Most of those who testified favored Wilson’s bill — with a few exceptions.
Rep. Paul McGowan, D-York, pointed out that some people have legitimate reasons for wanting information on who has permits and who doesn’t. One such scenario, he said, is when a parent sends his or her child to another family’s home to visit.
“I would ask that you take deep consideration of this other side,” he said. “I have constituents who want to know that you’re thinking about their rights. There are many of my constituents who do not think of guns as a friendly thing. They think of guns as a threat.”
Michael Mahoney, a lobbyist for the Maine Press Association, said the association opposes giving “preferential treatment” to concealed-weapons permit holders by shielding their data from public view when numerous other government-issued licenses and permits don’t have the same protection.
“These concealed-handgun permits have been public now for 32 years,” said Mahoney. “I look back at the entire 32-year history of this law and ask whether there is a compelling need to change this law. When [concealed-handgun permittees] voluntarily submitted their applications to the state, they did so knowing that information was public. This is not a situation where the state is trying to change the rules in the middle of the game.”
Shenna Bellows, executive director of the American Civil Liberties Union of Maine and board member for the Maine Freedom of Information Coalition, also spoke against the bill, although with qualifications.
“On the one hand, the public’s right to know what the government is doing is fundamental to our representative democracy. The achievement of government of and by the people requires that the people know what the government is doing,” said Bellows, whose written testimony was delivered by ACLU of Maine staff member Jill Barkley. “On the other hand, the government has significant powers to collect personal information about the citizenry and should take great care in dissemination, as well as collection, of that data. … Our position in opposition to LD 345 was developed with these constitutional precepts in mind.”
Bellows argued that keeping the records open allows the public the chance to ensure the system isn’t corrupt and cited ACLU cases in South Dakota and Kentucky that found that no immigrants were receiving permits, which was a violation of equal protection language in the 14th Amendment to the U.S. Constitution.
“This bill is not a gun control bill,” she said. “It is a government secrecy bill.”
Suzanne Goucher of the Maine Freedom of Information Coalition agreed.
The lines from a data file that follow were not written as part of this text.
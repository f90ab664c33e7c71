-- ===== src/Playback/Submits.antt =====
-- src/transaction.rs: the order of the submitted journals of `Playback`.
use elektro_em_eukal.Base.{
  ℕ, ◌≤◌, ◌<◌, ◌≡◌, ◌≢◌, refl, sym, subst, Bool, true, false, Option, none, some, List, [], ◌∷◌,
  arith, All, if◌then◌else◌, ◌==◌, update,
}
use elektro_em_eukal.Anchors.{Store, set_submit_instant, submit}
use elektro_em_eukal.Transaction.Strand.{submit_journals}
use elektro_em_eukal.Playback.{
  Submission, Playback, find_anchor, remove_anchor, insert_submission, submit_anchor,
  submit_journal_anchor,
}
use elektro_em_eukal.Playback.Rewinds.{Descending, IsOrdered}

-- An open journal is at one place of the map.
abbrev pub Distinct : List (ℕ × ℕ) → Type 0
Distinct [] = Unit {0}
Distinct ((id, j) ∷ rest) = All (λ m. m.1 ≢ j) rest × Distinct rest

-- No open journal is among the submitted ones, and those are in order.
abbrev pub IsPlayback : Store → Playback → Type 0
IsPlayback st p =
    IsOrdered st p.submitted_journal_anchors
    × Distinct p.journal_anchor_map
    × All (λ m. All (λ s. s.journal ≢ m.1) p.submitted_journal_anchors) p.journal_anchor_map

insert_submission-All :
    (P : Submission → Type 0) (s : Submission) (l : List Submission)
    → P s
    → All P l
    → All P (insert_submission s l)
unfolding insert_submission
insert_submission-All P s [] h a = (h, tt)
insert_submission-All P s (s' ∷ rest) h (h', a) =
    let further = insert_submission-All P s rest h a in ground (arith, further)

All-below :
    (i i' : ℕ) (l : List Submission)
    → i ≤ i'
    → All (λ x. x.instant < i) l
    → All (λ x. x.instant < i') l
All-below i i' [] h a = tt
All-below i i' (x ∷ rest) h (b, a) = (omega (arith, b, h), All-below i i' rest h a)

insert_submission-Descending :
    (s : Submission) (l : List Submission) → Descending l → Descending (insert_submission s l)
unfolding insert_submission
insert_submission-Descending s [] d = (tt, tt)
insert_submission-Descending s (s' ∷ rest) (b, d) =
    let further = insert_submission-Descending s rest d in
    let inserted : s.instant < s'.instant
        → All (λ x. x.instant < s'.instant) (insert_submission s rest) =
      λ h. insert_submission-All (λ x. x.instant < s'.instant) s rest h b in
    let below : s'.instant ≤ s.instant → All (λ x. x.instant < s.instant) rest =
      λ h. All-below s'.instant s.instant rest h b in
    ground (arith, further, inserted, below)

submitted_anchor :
    (st : Store) (j i k : ℕ)
    → (submit j (set_submit_instant j i st)).journals k
      ≡ update st.journals j (record (st.journals j) { submitted = true; submit_instant = i }) k
unfolding set_submit_instant
submitted_anchor st j i k = ground (arith, submit_journals (set_submit_instant j i st) j k)

instants_kept :
    (st : Store) (j i : ℕ) (l : List Submission)
    → All (λ s. s.journal ≢ j) l
    → All (λ s. (st.journals s.journal).submit_instant ≡ s.instant) l
    → All
        (λ s.
          ((submit j (set_submit_instant j i st)).journals s.journal).submit_instant ≡ s.instant)
        l
instants_kept st j i [] n a = tt
instants_kept st j i (s ∷ rest) (n, ns) (h, a) =
    (ground (arith, submitted_anchor st j i s.journal), instants_kept st j i rest ns a)

found_head :
    (P : ℕ → Type 0) (b : Bool) (j j' : ℕ) (r : Option ℕ)
    → (if b then some j' else r) ≡ some j
    → P j'
    → (r ≡ some j → P j)
    → P j
found_head P true j j' r f h k = let same : j' ≡ j = cc in subst P same h
found_head P false j j' r f h k = k f

-- What holds of every anchor of the map holds of the one that is found.
found_anchor :
    (P : ℕ → Type 0) (id j : ℕ) (m : List (ℕ × ℕ))
    → find_anchor id m ≡ some j
    → All (λ e. P e.1) m
    → P j
found_anchor P id j [] f a = cc
found_anchor P id j ((id', j') ∷ rest) f (h, a) =
    found_head P (id == id') j j' _ f h (λ g. found_anchor P id j rest g a)

remove_anchor-All :
    (P : ℕ × ℕ → Type 0) (id : ℕ) (m : List (ℕ × ℕ)) → All P m → All P (remove_anchor id m)
remove_anchor-All P id [] a = tt
remove_anchor-All P id ((id', j') ∷ rest) (h, a) =
    let others = remove_anchor-All P id rest a in ground (arith, others)

remove_anchor-Distinct : (id : ℕ) (m : List (ℕ × ℕ)) → Distinct m → Distinct (remove_anchor id m)
remove_anchor-Distinct id [] d = tt
remove_anchor-Distinct id ((id', j') ∷ rest) (n, d) =
    let others = remove_anchor-Distinct id rest d in
    let apart = remove_anchor-All (λ e. e.1 ≢ j') id rest n in ground (arith, others, apart)

removed_head :
    (b : Bool) (id' j j' : ℕ) (rest others : List (ℕ × ℕ)) (r : Option ℕ)
    → (if b then some j' else r) ≡ some j
    → All (λ e. e.1 ≢ j') rest
    → (r ≡ some j → j ≢ j')
    → (r ≡ some j → All (λ e. e.1 ≢ j) others)
    → All (λ e. e.1 ≢ j) (if b then rest else (id', j') ∷ others)
removed_head true id' j j' rest others r f n h k =
    let same : j' ≡ j = cc in subst (λ x. All (λ e. e.1 ≢ x) rest) same n
removed_head false id' j j' rest others r f n h k = ((λ e. h f (sym e)), k f)

-- The anchor that is found is not in the rest of the map.
removed_anchor :
    (id j : ℕ) (m : List (ℕ × ℕ))
    → find_anchor id m ≡ some j
    → Distinct m
    → All (λ e. e.1 ≢ j) (remove_anchor id m)
removed_anchor id j [] f d = tt
removed_anchor id j ((id', j') ∷ rest) f (n, d) =
    removed_head (id == id') id' j j' rest (remove_anchor id rest) _ f n
      (λ g. found_anchor (λ x. x ≢ j') id j rest g n) (λ g. removed_anchor id j rest g d)

apart_after :
    (s : Submission) (l : List Submission) (m : List (ℕ × ℕ))
    → All (λ e. e.1 ≢ s.journal) m
    → All (λ e. All (λ x. x.journal ≢ e.1) l) m
    → All (λ e. All (λ x. x.journal ≢ e.1) (insert_submission s l)) m
apart_after s l [] n a = tt
apart_after s l ((id, j) ∷ rest) (n, ns) (h, a) =
    (insert_submission-All (λ x. x.journal ≢ j) s l (λ e. n (sym e)) h, apart_after s l rest ns a)

entered-IsPlayback :
    (b : Bool) (p p' : Playback) (st : Store)
    → IsPlayback st p
    → IsPlayback st p'
    → IsPlayback st (if b then p else p')
entered-IsPlayback true p p' st h h' = h
entered-IsPlayback false p p' st h h' = h'

found-IsPlayback :
    (id instant : ℕ) (v : Option ℕ) (p : Playback) (st : Store)
    → find_anchor id p.journal_anchor_map ≡ v
    → IsPlayback st p
    → let (p', st') = submit_anchor id instant v p st in IsPlayback st' p'
unfolding submit_anchor
found-IsPlayback id instant none p st f h = h
found-IsPlayback id instant (some j) p st f ((a, d), distinct, apart) =
    let l = p.submitted_journal_anchors in
    let s : Submission = record { instant = instant; journal = j } in
    let others = remove_anchor-Distinct id p.journal_anchor_map distinct in
    let free = found_anchor (λ k. All (λ x. x.journal ≢ k) l) id j p.journal_anchor_map f apart in
    let rest =
      remove_anchor-All (λ e. All (λ x. x.journal ≢ e.1) l) id p.journal_anchor_map apart in
    let kept = instants_kept st j instant l free a in
    let new : ((submit j (set_submit_instant j instant st)).journals j).submit_instant ≡ instant =
      ground (arith, submitted_anchor st j instant j) in
    entered-IsPlayback _ _ _ (submit j (set_submit_instant j instant st)) ((kept, d), others, rest)
      (
        (
          insert_submission-All
              (λ s.
                ((submit j (set_submit_instant j instant st)).journals s.journal).submit_instant
                ≡ s.instant)
              s l new kept,
          insert_submission-Descending s l d,
        ),
        others,
        apart_after s l _ (removed_anchor id j p.journal_anchor_map f distinct) rest,
      )

-- A submission leaves the submitted journals in the order of their submit instants, and the journals
-- that are still open apart from them.
pub submit_journal_anchor-IsPlayback :
    (id instant : ℕ) (p : Playback) (st : Store)
    → IsPlayback st p
    → let (p', st') = submit_journal_anchor id instant p st in IsPlayback st' p'
unfolding submit_journal_anchor
submit_journal_anchor-IsPlayback id instant p st h = found-IsPlayback id instant _ p st refl h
“Who will police the police?” she asked. “Every step our government takes toward confidentiality is a step away from freedom.”
Capt. Christopher Wainwright of the Oxford County Sheriff’s Department spoke neither for nor against the bill, but said there is another side to the question.
“What you’re going to do also by publishing a list is to notify the public of people who don’t have a [concealed-handgun permit],” said Wainwright.
But the bill’s supporters far outnumbered opponents. Michael Cianchette, chief counsel for Gov. Paul LePage, spoke in favor of the bill on behalf of the administration.
“It is not my right to know whether my neighbor is taking certain medication any more than it is my right to know that he or she possesses firearms,” said Cianchette.
David Trahan, executive director of the Sportsman’s Alliance of Maine, has been at the tip of the sword against releasing concealed-handgun permit data.
“No reporter or political entity ever has the right to play games with personal information,” said Trahan. “Every American is the government and the information in question is ours individually and only collected by the government.”
A work session on Wilson’s bill is scheduled for March 21 with the Judiciary Committee.